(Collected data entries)
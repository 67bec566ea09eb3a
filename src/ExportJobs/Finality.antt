-- ===== src/ExportJobs/Finality.antt =====
-- The handler of internal/features/exports/processing/generator.go on the last attempt, whatever safe changes the other transactions make between the
-- storing of the object and its mark.
use family_tree_app.Prelude.{
  first_row-In, first_row, update_first-some, ◌⊎◌, ℕ, ◌≡◌, refl, subst, inl, inr, Bool, true, false,
  ◌||◌, none, List, ◌∷◌, [], Text, codes, ltb, Bool-cases, Option-cases, Result-cases, In, ok, err,
  arith,
}
use family_tree_app.ExportJobs.Domain.{
  Export, export_not_found, export_tree_unavailable, is_completed, is_expired,
}
use family_tree_app.ExportJobs.Store.{
  ExportDatabase, Call, begin, lock, write_status, commit, is_export, call, put_object, Failure,
}
use family_tree_app.ExportJobs.Steps.{
  start_generation, is_failed, is_queued, is_running, acquire_for_generation,
}
use family_tree_app.ExportJobs.Generator.{
  World, Renderers, Config, is_refusal, put, result_object_key, build, store_result, generate,
  handle_acquired,
}
use family_tree_app.ExportJobs.Rows.{is_unfinished}
use family_tree_app.ExportJobs.Kept.{IsKept, IsSafe, put-IsSafe}
use family_tree_app.ExportJobs.Changes.{IsAcquired, acquire_for_generation-Rows}
use family_tree_app.Jobs.Queue.{Job}
use family_tree_app.ExportJobs.Safety.{database-IsSafe}
use family_tree_app.ExportJobs.Generation.{IsAcquired-later}
use family_tree_app.ExportJobs.Endings.{IsEnded, mark_failed-ends}
use family_tree_app.ExportJobs.Attempts.{
  one-IsEnded, retry_or_fail-ends, settle_failure-ends, finish-ends,
}

first_row-misses :
    (p : Export → Bool) (xs : List Export) (x : Export)
    → first_row p xs ≡ none
    → In x xs
    → p x ≡ true
    → ⊥
unfolding first_row
first_row-misses p [] x h i t = i
first_row-misses p (y ∷ ys) x h (inl e) t =
    let here : p y ≡ true = subst (λ z. p z ≡ true) e t in absurd (ground (arith, here))
first_row-misses p (y ∷ ys) x h (inr i) t = elim (Bool-cases (p y)) [
  | inl e ↦ absurd (ground (arith, e))
  | inr e ↦ first_row-misses p ys x (ground (arith, e)) i t
]

module _ (io : Call → Bool) (answers : (c : Call) → io c ≡ true) where
  -- An acquisition that the database answers fails where there is no such export.
  acquire-misses :
      (t i now : ℕ) (db : ExportDatabase) {f : Failure}
      → acquire_for_generation io t i now db ≡ err f
      → first_row (is_export t i) db.exports ≡ none
  unfolding acquire_for_generation call
  acquire-misses t i now db {f} h = elim (Option-cases (first_row (is_export t i) db.exports)) [
    | inl missing ↦ missing
    | inr (r, found) ↦
        let (listed, passes) = first_row-In (is_export t i) db.exports found in
        let (y, ys, changed) =
          update_first-some (is_export t i) (start_generation now) r db.exports listed passes in
        absurd (
          ground (
            arith,
            found,
            changed,
            answers begin,
            answers lock,
            answers write_status,
            answers commit,
          ))
  ]

  -- The export that is acquired runs, or its row has left the queue as it is.
  acquire-status :
      (t i now : ℕ) (db : ExportDatabase) {e : Export} {db' : ExportDatabase}
      → acquire_for_generation io t i now db ≡ ok (e, db')
      → (e.tree_id ≡ t)
        × (e.id ≡ i)
        × ((is_running e.status ≡ true) ⊎ (In e db'.exports × (is_queued e.status ≡ false)))
  unfolding acquire_for_generation call start_generation is_export
  acquire-status t i now db {e} {db'} h =
      elim (Option-cases (first_row (is_export t i) db.exports)) [
        | inl missing ↦ absurd (ground (arith, missing))
        | inr (r, found) ↦
            let (listed, passes) = first_row-In (is_export t i) db.exports found in
            elim (Bool-cases (is_queued r.status)) [
              | inr left ↦
                  let same : e ≡ r = ground (arith, found, left) in
                  let kept : db' ≡ db = ground (arith, found, left) in
                  rw (same, kept)
                    (ground (arith, passes), ground (arith, passes), inr (listed, left))
              | inl waits ↦
                  let (y, ys, changed) =
                    update_first-some (is_export t i) (start_generation now) r db.exports listed
                      passes in
                  let runs : e ≡ record (start_generation now r) { error_code = r.error_code } =
                    ground (arith, found, waits, changed) in
                  rw runs (ground (arith, passes), ground (arith, passes), inl refl)
            ]
      ]

module _ (io : Call → Bool) (answers : (c : Call) → io c ≡ true) {Snapshot : Type 0}
    (renderers : Renderers Snapshot) (config : Config) (uuid_string : ℕ → Text)
    (checksum : Text → Text) (meanwhile : World → World)
    (others : (v : World) → IsSafe uuid_string v (meanwhile v)) where
  store_result-ends :
      (job : Job) (e : Export) (now : ℕ) (body mime : Text) (w : World)
      → ltb job.attempts job.max_attempts ≡ false
      → IsKept uuid_string w
      → IsAcquired e w.database.exports
      → IsEnded
          (store_result io renderers config uuid_string checksum meanwhile job e now body mime w).1
          e.tree_id
          e.id
  unfolding store_result
  store_result-ends job e now body mime w last k acquired =
      let key : Text = result_object_key uuid_string e.tree_id e.id e.format (checksum body) in
      let w1 : World = record w { objects = put key body w.objects } in
      let (k1, _) = put-IsSafe uuid_string key body w k in
      let (k2, f2) = others w1 k1 in
      rw (answers put_object) (
        finish-ends io answers uuid_string job e _ now (meanwhile w1) last k2
          (IsAcquired-later uuid_string e w1 (meanwhile w1) f2 acquired))

  generate-ends :
      (job : Job) (e : Export) (now : ℕ) (w : World)
      → ltb job.attempts job.max_attempts ≡ false
      → IsKept uuid_string w
      → IsAcquired e w.database.exports
      → IsEnded
          (generate io renderers config uuid_string checksum meanwhile job e now w).1
          e.tree_id
          e.id
  unfolding generate
  generate-ends job e now w last k acquired =
      elim (Result-cases (renderers.load_manifest e w.database)) [
        | inr (f, h) ↦ elim (Bool-cases (is_refusal export_tree_unavailable f)) [
          | inl gone ↦
              rw (h, generate, gone)
                (mark_failed-ends io answers uuid_string e (codes "tree_unavailable") now []
                  (f ∷ []) w k acquired)
          | inr other ↦
              rw (h, generate, other)
                (retry_or_fail-ends io answers uuid_string job e now f w last k acquired)
        ]
        | inl (snapshot, h) ↦ elim (Result-cases (build renderers config e snapshot w.objects)) [
          | inr (f, b) ↦
              rw (h, generate, b)
                (settle_failure-ends io answers uuid_string job e now f w last k acquired)
          | inl ((body, mime), b) ↦
              rw (h, generate, b) (store_result-ends job e now body mime w last k acquired)
        ]
      ]

  after_acquisition :
      (job : Job) (e : Export) (db : ExportDatabase) (now : ℕ) (w : World)
      → ltb job.attempts job.max_attempts ≡ false
      → IsKept uuid_string (record w { database = db })
      → IsAcquired e db.exports
      → (is_running e.status ≡ true) ⊎ (In e db.exports × (is_queued e.status ≡ false))
      → IsEnded
          (handle_acquired io renderers config uuid_string checksum meanwhile job now w
            (ok (e, db))).1
          e.tree_id
          e.id
  unfolding handle_acquired is_unfinished
  after_acquisition job e db now w last k row (inl runs) =
      let going : (is_completed e.status || is_failed e.status || is_expired e.status) ≡ false =
        ground (arith, runs) in
      rw (going, handle_acquired, runs)
        (generate-ends job e now (record w { database = db }) last k row)
  after_acquisition job e db now w last k row (inr (listed, left)) =
      elim (Bool-cases (is_completed e.status || is_failed e.status || is_expired e.status)) [
        | inl ended ↦
            rw (ended, handle_acquired)
              (one-IsEnded io answers uuid_string e e (record w { database = db }) k listed refl
                (ground (arith, ended)))
        | inr going ↦
            let runs : is_running e.status ≡ true = ground (arith, going, left) in
            rw (going, handle_acquired, runs)
              (generate-ends job e now (record w { database = db }) last k row)
      ]

  pub handle_acquired-ends :
      (job : Job) (t i started now : ℕ) (w : World)
      → ltb job.attempts job.max_attempts ≡ false
      → IsKept uuid_string w
      → IsEnded
          (handle_acquired io renderers config uuid_string checksum meanwhile job now w
            (acquire_for_generation io t i started w.database)).1
          t
          i
  unfolding handle_acquired is_export
  handle_acquired-ends job t i started now w last k =
      elim (Result-cases (acquire_for_generation io t i started w.database)) [
        | inr (f, h) ↦
            let none_such : IsEnded w t i = λ x j in_tree at. absurd (
              first_row-misses (is_export t i) w.database.exports x
                (acquire-misses io answers t i started w.database h) j
                (ground (arith, in_tree, at))) in
            elim (Bool-cases (is_refusal export_not_found f)) [
              | inl gone ↦ rw (h, handle_acquired, gone) none_such
              | inr other ↦ rw (h, handle_acquired, other) none_such
            ]
        | inl ((e, db), h) ↦
            let (rows, row) = acquire_for_generation-Rows io uuid_string t i started w.database h in
            let (k', _) = database-IsSafe io uuid_string w db rows k in
            let (in_tree, at, status) = acquire-status io answers t i started w.database h in
            rw h (rw (← in_tree, ← at) (after_acquisition job e db now w last k' row status))
      ]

What is being asked = Bring together all lines of the entries above in which the string "others" occurs.

Output =
    (others : (v : World) → IsSafe uuid_string v (meanwhile v)) where
      let (k2, f2) = others w1 k1 in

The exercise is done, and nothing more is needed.